SpaceX and Anthropic IPOs with aggressive valuation targets have also raised short-term concerns and led investors to questioning whether the high premiums assigned to AI and tech stocks are justified and if these mega IPOs will suck liquidity away from other tech companies.
Eventually, however, their listings could support the long-term case for AI as a key investment theme not to be ignored.”
BEN BENNETT, HEAD OF INVESTMENT STRATEGY FOR ASIA, L&G ASSET MANAGEMENT, HONG KONG:
“I’m not surprised we’re getting a correction given how big the recent rally has been. Our asset allocation team took out their tactical technology overweight in the middle of May as we thought a lot of good news was already priced in.
I’ve seen several triggers for the correction, higher rates, upcoming IPOs, etc., but I don’t think anything has fundamentally changed. We’re still structurally positive on technology, so there could be a re-entry point in the future.”
FRANK BENZIMRA, HEAD OF ASIA EQUITY STRATEGY, SOCIETE GENERALE, HONG KONG:
“What you see is some extreme sensitivity of the market to earnings, because what has made this market rise so much … is the fact that the earnings have been constantly revised upwards. So when you start to see some doubt on this positive earnings momentum … you see the market becoming very, very nervous.
“You have some leveraged ETFs which have been bought and by nature of the function of those structures, it is amplifying the decline … so this is creating volatility.”
THOMAS MATHEWS, HEAD OF MARKETS FOR ASIA-PACIFIC, CAPITAL ECONOMICS:
“The weaker-than-expected Broadcom result late last week has probably brought back a few of investors’ nerves around the AI trade. The U.S. labour market data and associated shift in Fed expectations wouldn’t have helped much, either. But the bigger picture is that semiconductor companies are still making lots of money and the broader economy is strong, which isn’t typically a backdrop for a sustained drawdown.”
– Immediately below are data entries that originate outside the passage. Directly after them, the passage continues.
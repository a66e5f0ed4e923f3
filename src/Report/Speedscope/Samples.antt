-- ===== src/Report/Speedscope/Samples.antt =====
-- src/report.rs, lines 217-252: the tables that `write_speedscope` makes of a report.
use pprof_rs.Prelude.{
  ℕ, ◌+◌, ◌%◌, ◌<◌, ◌≡◌, refl, sym, ap, ◌∙◌, Option, some, true, false, List, [], ◌∷◌, ◌++◌, map,
  lts, max_zero, word, if◌then◌else◌, length, get_elem?, get_elem?-append_left,
  get_elem?-append_right, get_elem?-lt, Bool-cases, Option-cases, inl, inr, lookup, insert,
  lookup-insert, list_equality, same_list, same_list_iff, spell_imp, spell_each_imp, arith,
}
use mathlib.Core.List.{reverse, append-nil, append_assoc, map-append}
use pprof_rs.Frames.{Text, Symbol, Frames, Resolver, thread_name_or_id}
use pprof_rs.Frames
use pprof_rs.Collector.Bucket.{Entry}
use pprof_rs.Report.{HashMap, total_samples}
use pprof_rs.Report.Folded.Reading.{reversed_names, reversed_names-reverse}
use pprof_rs.Report.Folded.RoundTrip.{counted}
use pprof_rs.Report.Speedscope.{
  Names, get_frame_idx, Tables, no_tables, push_symbols, push_frames, sample_of, step, collect,
}
use pprof_rs.Pprof.Interning.{symbol_names, stack_names}

-- A name that has an index stands there.
abbrev IsSound : Names → Type 0
IsSound n =
    (t : Text) (i : ℕ) → lookup t n.frame_indices ≡ some i → get_elem? n.frame_names i ≡ some t

abbrev Extends : Names → Names → Type 0
Extends n n' =
    (i : ℕ) (t : Text) → get_elem? n.frame_names i ≡ some t → get_elem? n'.frame_names i ≡ some t

-- The index of a name, in names that have grown.
record Indexed (n : Names) (t : Text) (r : Names × ℕ) : Type 0 where
  sound : IsSound r.0
  extends : Extends n r.0
  at : get_elem? r.0.frame_names r.1 ≡ some t

-- A name that is met for the first time
abbrev with_name : Names → Text → Names
with_name n t = record {
  frame_indices = insert t (length n.frame_names) n.frame_indices;
  frame_names = n.frame_names ++ t ∷ [];
}

module _ (n : Names) (t : Text) where
  with_name-Extends : Extends n (with_name n t)
  with_name-Extends i u h =
      get_elem?-append_left i n.frame_names (t ∷ []) (get_elem?-lt i n.frame_names u h) ∙ h

  with_name_at : get_elem? (n.frame_names ++ t ∷ []) (length n.frame_names) ≡ some t
  with_name_at =
      get_elem?-append_right (length n.frame_names) 0 n.frame_names (t ∷ []) (omega arith)

  with_name-IsSound : IsSound n → IsSound (with_name n t)
  with_name-IsSound s u i h = elim (Bool-cases (same_list u t)) [
    | inl same ↦
        let is_new : (if same_list u t
              then some (length n.frame_names)
              else lookup u n.frame_indices)
            ≡ some i =
          sym (lookup-insert u t (length n.frame_names) n.frame_indices) ∙ h in
        let found : some (length n.frame_names) ≡ some i = rw same at is_new in
        let is_name : u ≡ t = (same_list_iff u t).0 same in
        let is_index : length n.frame_names ≡ i = cc in
        rw (← is_index) (with_name_at ∙ ap some (sym is_name))
    | inr other ↦
        let elsewhere : (if same_list u t
              then some (length n.frame_names)
              else lookup u n.frame_indices)
            ≡ some i =
          sym (lookup-insert u t (length n.frame_names) n.frame_indices) ∙ h in
        with_name-Extends i u (s u i (rw other at elsewhere))
  ]

  get_frame_idx-Indexed : IsSound n → Indexed n t (get_frame_idx n t)
  unfolding get_frame_idx
  get_frame_idx-Indexed s = elim (Option-cases (lookup t n.frame_indices)) [
    | inl new ↦
        rw (new, get_frame_idx)
          (record { sound = with_name-IsSound s; extends = with_name-Extends; at = with_name_at })
    | inr (i, known) ↦
        rw (known, get_frame_idx) (record { sound = s; extends = λ j u e. e; at = s t i known })
  ]

abbrev reads : Names → List ℕ → List (Option Text)
reads n = map (get_elem? n.frame_names)

-- A sample that spells some names.
record Spelled (n : Names) (ts : List Text) (r : Names × List ℕ) : Type 0 where
  sound : IsSound r.0
  extends : Extends n r.0
  spells : reads r.0 r.1 ≡ map some ts

reads-append :
    (n n' : Names) (ids : List ℕ) (id : ℕ) (ts : List Text) (t : Text)
    → Extends n n'
    → reads n ids ≡ map some ts
    → get_elem? n'.frame_names id ≡ some t
    → reads n' (ids ++ id ∷ []) ≡ map some (ts ++ t ∷ [])
reads-append n n' ids id ts t x h at =
    map-append (get_elem? n'.frame_names) ids (id ∷ [])
    ∙ rw (spell_imp (get_elem? n.frame_names) (get_elem? n'.frame_names) x ids ts h, at)
        (sym (map-append some ts (t ∷ [])))

module _ {Frame : Type 0} (env : Resolver Frame) where
  push_symbols-Spelled :
      (symbols : List Symbol) (n : Names) (ids : List ℕ) (ts : List Text)
      → IsSound n
      → reads n ids ≡ map some ts
      → Spelled n (ts ++ symbol_names env symbols) (push_symbols env (n, ids) symbols)
  unfolding push_symbols
  push_symbols-Spelled [] n ids ts s h = record {
    sound = s;
    extends = λ i u e. e;
    spells = h ∙ ap (map some) (sym (append-nil ts));
  }
  push_symbols-Spelled (y ∷ symbols) n ids ts s h =
      let name = Frames.name env y in
      let first = get_frame_idx-Indexed n name s in
      let (n', id) = get_frame_idx n name in
      let rest =
        push_symbols-Spelled symbols n' (ids ++ id ∷ []) (ts ++ name ∷ []) first.sound
          (reads-append n n' ids id ts name first.extends h first.at) in
      record {
        sound = rest.sound;
        extends = λ i u e. rest.extends i u (first.extends i u e);
        spells =
            rest.spells ∙ ap (map some) (append_assoc ts (name ∷ []) (symbol_names env symbols));
      }

  push_frames-Spelled :
      (frames : List (List Symbol)) (n : Names) (ids : List ℕ) (ts : List Text)
      → IsSound n
      → reads n ids ≡ map some ts
      → Spelled n (ts ++ reversed_names env frames) (push_frames env (n, ids) frames)
  unfolding push_frames reversed_names
  push_frames-Spelled [] n ids ts s h = record {
    sound = s;
    extends = λ i u e. e;
    spells = h ∙ ap (map some) (sym (append-nil ts));
  }
  push_frames-Spelled (f ∷ frames) n ids ts s h =
      let names = symbol_names env (reverse f) in
      let first = push_symbols-Spelled (reverse f) n ids ts s h in
      let (n', ids') = push_symbols env (n, ids) (reverse f) in
      let rest = push_frames-Spelled frames n' ids' (ts ++ names) first.sound first.spells in
      record {
        sound = rest.sound;
        extends = λ i u e. rest.extends i u (first.extends i u e);
        spells = rest.spells ∙ ap (map some) (append_assoc ts names (reversed_names env frames));
      }

  -- A stack from the outermost frame on, after its thread.
  abbrev pub outward : Frames → List Text
  outward key = thread_name_or_id env key ∷ reverse (stack_names env key.frames)

  sample_of-Spelled :
      (n : Names) (key : Frames) → IsSound n → Spelled n (outward key) (sample_of env n key)
  unfolding sample_of
  sample_of-Spelled n key s =
      let thread = thread_name_or_id env key in
      let first = get_frame_idx-Indexed n thread s in
      let (n', id) = get_frame_idx n thread in
      let rest =
        push_frames-Spelled (reverse key.frames) n' (id ∷ []) (thread ∷ []) first.sound
          (ap (λ o. o ∷ []) first.at) in
      record {
        sound = rest.sound;
        extends = λ i u e. rest.extends i u (first.extends i u e);
        spells =
            rest.spells ∙ ap (λ ts. map some (thread ∷ ts)) (reversed_names-reverse env key.frames);
      }

  abbrev pub stacks_read : Tables → List (List (Option Text))
  stacks_read t = map (reads t.names) t.samples

  -- What has been collected so far: the stacks and the weights of some entries, and their sum.
  record Collected (stacks : List (List Text)) (weights : List ℕ) (total : ℕ) (t : Tables)
      : Type 0 where
    sound : IsSound t.names
    stacks_spelled : stacks_read t ≡ map (map some) stacks
    weights_are : t.weights ≡ weights
    total_is : t.total_weight % word ≡ total % word
    total_word : t.total_weight < word

  abbrev stack_of : Entry Frames → List Text
  stack_of e = outward e.item

  abbrev weight_of : Entry Frames → ℕ
  weight_of e = e.count

  Collected-mod :
      (stacks : List (List Text)) (weights : List ℕ) (total total' : ℕ) (t : Tables)
      → total % word ≡ total' % word
      → Collected stacks weights total t
      → Collected stacks weights total' t
  Collected-mod stacks weights total total' t e c = record {
    sound = c.sound;
    stacks_spelled = c.stacks_spelled;
    weights_are = c.weights_are;
    total_is = c.total_is ∙ e;
    total_word = c.total_word;
  }

  step-Collected :
      (e : Entry Frames) (stacks : List (List Text)) (weights : List ℕ) (total : ℕ) (t : Tables)
      → lts 0 e.count ≡ true
      → Collected stacks weights total t
      → Collected
          (stacks ++ stack_of e ∷ [])
          (weights ++ e.count ∷ [])
          (total + e.count)
          (step env t e)
  unfolding step
  step-Collected e stacks weights total t counts c =
      let (n, sample) = sample_of env t.names e.item in
      let p = sample_of-Spelled t.names e.item c.sound in
      let before : map (reads n) t.samples ≡ map (map some) stacks =
        spell_each_imp (get_elem? t.names.frame_names) (get_elem? n.frame_names) p.extends t.samples
          stacks c.stacks_spelled in
      rw (counts, step)
        (record {
          sound = p.sound;
          stacks_spelled =
              map-append (reads n) t.samples (sample ∷ [])
              ∙ rw (before, p.spells) (sym (map-append (map some) stacks (stack_of e ∷ [])));
          weights_are = rw c.weights_are refl;
          total_is = omega (arith, c.total_is, c.total_word);
          total_word = omega arith;
        })

  passed_zero : (a : ℕ) → lts 0 a ≡ false → max_zero a % word ≡ 0
  passed_zero a h = ground arith

  counted_whole : (a : ℕ) → lts 0 a ≡ true → max_zero a ≡ a
  counted_whole a h = ground arith

  collect-Collected :
      (m : HashMap Frames) (stacks : List (List Text)) (weights : List ℕ) (total : ℕ) (t : Tables)
      → Collected stacks weights total t
      → Collected
          (stacks ++ map stack_of (counted env m))
          (weights ++ map weight_of (counted env m))
          (total + total_samples m)
          (collect env t m)
  unfolding collect counted total_samples
  collect-Collected [] stacks weights total t c =
      rw (append-nil stacks, append-nil weights)
        (Collected-mod stacks weights total (total + 0) t (omega arith) c)
  collect-Collected (e ∷ m) stacks weights total t c = elim (Bool-cases (lts 0 e.count)) [
    | inr passed ↦
        rw (passed, step)
          (Collected-mod _ _ (total + total_samples m) _ _
            (omega (arith, passed_zero e.count passed))
            (collect-Collected m stacks weights total t c))
    | inl counts ↦
        let kept : counted env (e ∷ m) ≡ e ∷ counted env m = rw counts refl in
        let all =
          collect-Collected m (stacks ++ stack_of e ∷ []) (weights ++ e.count ∷ [])
            (total + e.count) (step env t e) (step-Collected e stacks weights total t counts c) in
        rw kept (
          rw
            (
              ← append_assoc stacks (stack_of e ∷ []) (map stack_of (counted env m)),
              ← append_assoc weights (e.count ∷ []) (map weight_of (counted env m)),
            )
            (Collected-mod _ _ (total + e.count + total_samples m) _ _
              (omega (arith, counted_whole e.count counts)) all))
  ]

  no_tables-Collected : Collected [] [] 0 no_tables
  unfolding lookup
  no_tables-Collected = record {
    sound = λ t i h. absurd (cc h);
    stacks_spelled = refl;
    weights_are = refl;
    total_is = refl;
    total_word = omega arith;
  }

  total_samples-word : (m : HashMap Frames) → total_samples m < word
  unfolding total_samples
  total_samples-word [] = omega arith
  total_samples-word (e ∷ m) = omega arith

  -- What the tables of a report hold: for each entry that counts, its stack and its weight; and the sum.
  pub record Holds (m : HashMap Frames) (t : Tables) : Type 0 where
    pub stacks : stacks_read t ≡ map (map some) (map stack_of (counted env m))
    pub weights : t.weights ≡ map weight_of (counted env m)
    pub total : t.total_weight ≡ total_samples m

  -- From empty tables, the samples that are collected, read through the names, are the stacks of
  -- the entries with a positive count, each after its thread and from the outermost frame on; the
  -- weights are the counts; the total weight is `total_samples`.
  pub collect-Holds : (m : HashMap Frames) → Holds m (collect env no_tables m)
  collect-Holds m =
      let c = collect-Collected m [] [] 0 no_tables no_tables-Collected in
      record {
        stacks = c.stacks_spelled;
        weights = c.weights_are;
        total = omega (arith, c.total_is, c.total_word, total_samples-word m);
      }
FABIEN YIP, MARKET ANALYST, IG, SYDNEY:
“The sharp declines have been triggered by the large correction concentrated in tech last Friday in the U.S. If the optimism on the AI trade fades, it will have a toll on the picks and shovels companies in Asia. Further, the weak won and potential tightening from South Korea may potentially add strain for the leveraged positions.
“A correction following a sustained advance can be healthy for the market – for now corporate fundamentals remain solid. Risks linger, however: forced unwinding of leveraged positions could amplify near-term volatility, while upcoming inflation prints may push bond yields higher, applying additional pressure on growth stock valuations.”
MARC VELAN, HEAD OF INVESTMENTS, LUCERNE ASSET MANAGEMENT, SINGAPORE:
“The move looks more like a positioning and momentum unwind than a reassessment of the long-term AI story. Korean technology names have been among the strongest performers globally and were heavily owned, so when rate expectations shifted after the jobs report, they became a natural source of liquidity. The key question is whether hyperscaler AI spending slows. At this stage, we are not seeing evidence of that.”